Putting women and girls at the centre of the response

Integrating HIV and sexual & reproductive health (SRH) is the future of prevention. To end the HIV epidemic, it is fundamental to put women at the center of the response. This means making it easier for women and girls to access quality, comprehensive HIV/SRH care where and when they feel comfortable, bringing down barriers, and developing multipurpose prevention technologies  that address many SRH needs with a single product. There is still much to be done to fully realize the vital work of integrating HIV treatment and prevention with sexual and reproductive health (SRH).

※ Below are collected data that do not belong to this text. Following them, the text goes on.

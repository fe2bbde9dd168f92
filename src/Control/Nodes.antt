-- ===== src/Control/Nodes.antt =====
-- ctrl.rs: the handlers that ask a node, over the table of nodes as it is when the node is looked up.
--
-- The body of a request and the pipe of a response are taken as actions.
use crab_rs.Prelude.{ℕ, String, Bool, Option, none, some, List, Result, ok, err}
use crab_rs.Prelude.Io.{Io, pure, raise, lift, from, attempt, match_on, ignore, ◌>>=◌, ◌>>◌}
use crab_rs.Prelude.Text.{◌<>◌}
use crab_rs.Errors.{CrabError, error_code, io, to_string}
use crab_rs.Errors.Codes
use crab_rs.Message.{AckMessage}
use crab_rs.Transport.{Transport, Codec}
use crab_rs.Stream.{read_ack}
use crab_rs.Tasks.{Executor, send_or}
use crab_rs.Handle.{Handle, Channels, wrap}
use crab_rs.Manager.{DashMap, Node, Manager}
use crab_rs.Manager
use crab_rs.Command.Files.{FileMetadata, DirEntry, Cancellation}
use crab_rs.Command.Handlers.{WriteFile, or_cancelled}
use crab_rs.Command.Dispatch.{Command}
use crab_rs.Command.Executor.{ping, delete, read_file, write_file, read_dir}
use crab_rs.Control.Answers.{Ret, ret_error, ret_from, ret_from_result, StreamResponse, error, file}

-- What a handler of the interface uses beside the table.
pub record Pipes (W : Type 0) : Type 0 where
  pub write_text : String → Io String W ℕ
  -- `copy` from the stream to the pipe of the response, and from the request's body to the stream
  pub copy_from_stream : Io String W ℕ
  pub copy_to_stream : Io String W ℕ
  pub shutdown_pipe : Io String W (Unit {0})
  pub shutdown_stream : Io String W (Unit {0})

module _ {NodeHandle Info : Type 0} (d : DashMap (Node NodeHandle Info)) where
  info_or_error : Option (NodeHandle × Info) → Ret Info
  info_or_error none = ret_error (error_code Codes.node_already_exit)
  info_or_error (some (_, info)) = ret_from info

  unfoldable pub node_info : String → Manager d → Ret Info
  unfolding info_or_error
  node_info node_id m = info_or_error (Manager.get d node_id m)

module _ {W : Type 0} ⦃t : Transport W⦄ ⦃ack : Codec AckMessage⦄ (pipes : Pipes W) where
  -- What the stream of a file that is read goes through.
  unfoldable pub download : Executor W (Unit {0})
  download = do
    match_on read_ack pure
        (λ e. do ignore (from io (pipes.write_text ("read ack error " <> to_string e))); raise e)
    from io pipes.copy_from_stream
    from io pipes.shutdown_pipe

  unfoldable pub upload : Cancellation W → Executor W (Unit {0})
  upload cancel = do
    ret ← or_cancelled cancel (attempt (from io pipes.copy_to_stream))
    ignore (from io pipes.shutdown_stream)
    lift ret
    read_ack

module _ {W HttpRequest TcpForwardParams NodeHandle Info : Type 0} ⦃t : Transport W⦄
    ⦃ack : Codec AckMessage⦄ (d : DashMap (Node NodeHandle Info))
    (handle_of : NodeHandle → Handle W (Command HttpRequest TcpForwardParams)) where
  abbrev Asked : Type 0 → Type 1
  Asked A = Handle W (Command HttpRequest TcpForwardParams) → Io CrabError W A

  -- A question to the node that was found, or the error of a node that was not.
  abbrev ask : {A : Type 0} → Option (NodeHandle × Info) → Asked A → Io CrabError W A
  ask none f = raise (error_code Codes.node_already_exit)
  ask (some (h, _)) f = f (handle_of h)

  abbrev answer : {A : Type 0} → Io CrabError W A → W → Ret A × W
  answer m w = let (r, w') = m w in (ret_from_result r, w')

  module _ (m : Manager d) (node_id : String) where
    unfoldable pub node_ping : W → Ret (Unit {0}) × W
    node_ping = answer (ask (Manager.get d node_id m) ping)

    unfoldable pub node_remove_dir : String → Bool → W → Ret (Unit {0}) × W
    node_remove_dir path dir = answer (ask (Manager.get d node_id m) (λ h. delete h path dir))

    unfoldable pub node_list_dir : Codec (List DirEntry) → String → W → Ret (List DirEntry) × W
    node_list_dir entries path =
        answer (ask (Manager.get d node_id m) (λ h. read_dir h entries path))

    module _ (pipes : Pipes W) where
      abbrev streamed : Result CrabError FileMetadata × W → StreamResponse × W
      streamed (ok metadata, w) = (file metadata, w)
      streamed (err e, w) = (error (ret_error e), w)

      unfoldable pub read_node_file : Codec FileMetadata → String → W → StreamResponse × W
      unfolding download
      read_node_file metadata path w = streamed (
          ask (Manager.get d node_id m)
            (λ h. do
              (sender, m) ← read_file h metadata path
              send_or (error_code Codes.canceled_error) sender (ok (download pipes))
              pure m)
            w)

      -- The result of the upload comes back over a channel of its own.
      unfoldable pub node_write_file :
          Cancellation W → Channels W → WriteFile → W → Ret (Unit {0}) × W
      unfolding upload wrap
      node_write_file cancel channels param = answer (
          ask (Manager.get d node_id m) (λ h. do
            sender ← write_file h param
            (executor, err_rx) ← wrap channels (upload pipes cancel)
            send_or (error_code Codes.canceled_error) sender (ok executor)
            ret ← from (λ _. error_code Codes.canceled_error) err_rx
            lift ret))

Benefits of Linking HIV and SRH

Integrated services are now seen as a key strategy for overcoming missed opportunities of meeting the needs of overlapping target populations in HIV prevention and SRH services. Moreover, there is widespread recognition that strengthening linkages between HIV and SRH programs could lead to a number of important public health, socio-economic, and individual benefits, such as:

  • Improving access to and use of key HIV and SRH services
  • Better access of PLHIV to SRH services tailored to their needs
  • Reduction in HIV-related stigma and discrimination; improved coverage of underserved/vulnerable/key populations
  • Greater support for “dual protection” (correct and consistent condom use to prevent HIV and unintended pregnancy)
  • Improved quality of care
  • Decreased duplication of efforts and competition for resources
  • Better understanding and protection of individuals’ rights
  • Mutually reinforcing complementarities in legal and policy frameworks
  • Enhanced program effectiveness and efficiency
  • Better utilization of scarce human resources for health

There remains a great need to strengthen HIV prevention interventions as adolescents and young women continue to be vulnerable to HIV. Statistics show that the highest number of new infections are still being experienced among 15–24-year-old adolescents and young women. This is perpetuated by inequalities in power, status, rights and voice. This further presents the need for strategies to empower girls and young women to increase their voice, bodily autonomy and agency, thus decreasing their vulnerability to HIV infection. We must do more to protect young girls from the clutches of rich and powerful men who engage in inter-generational sex, transactional sex and many times have multiple sexual partners.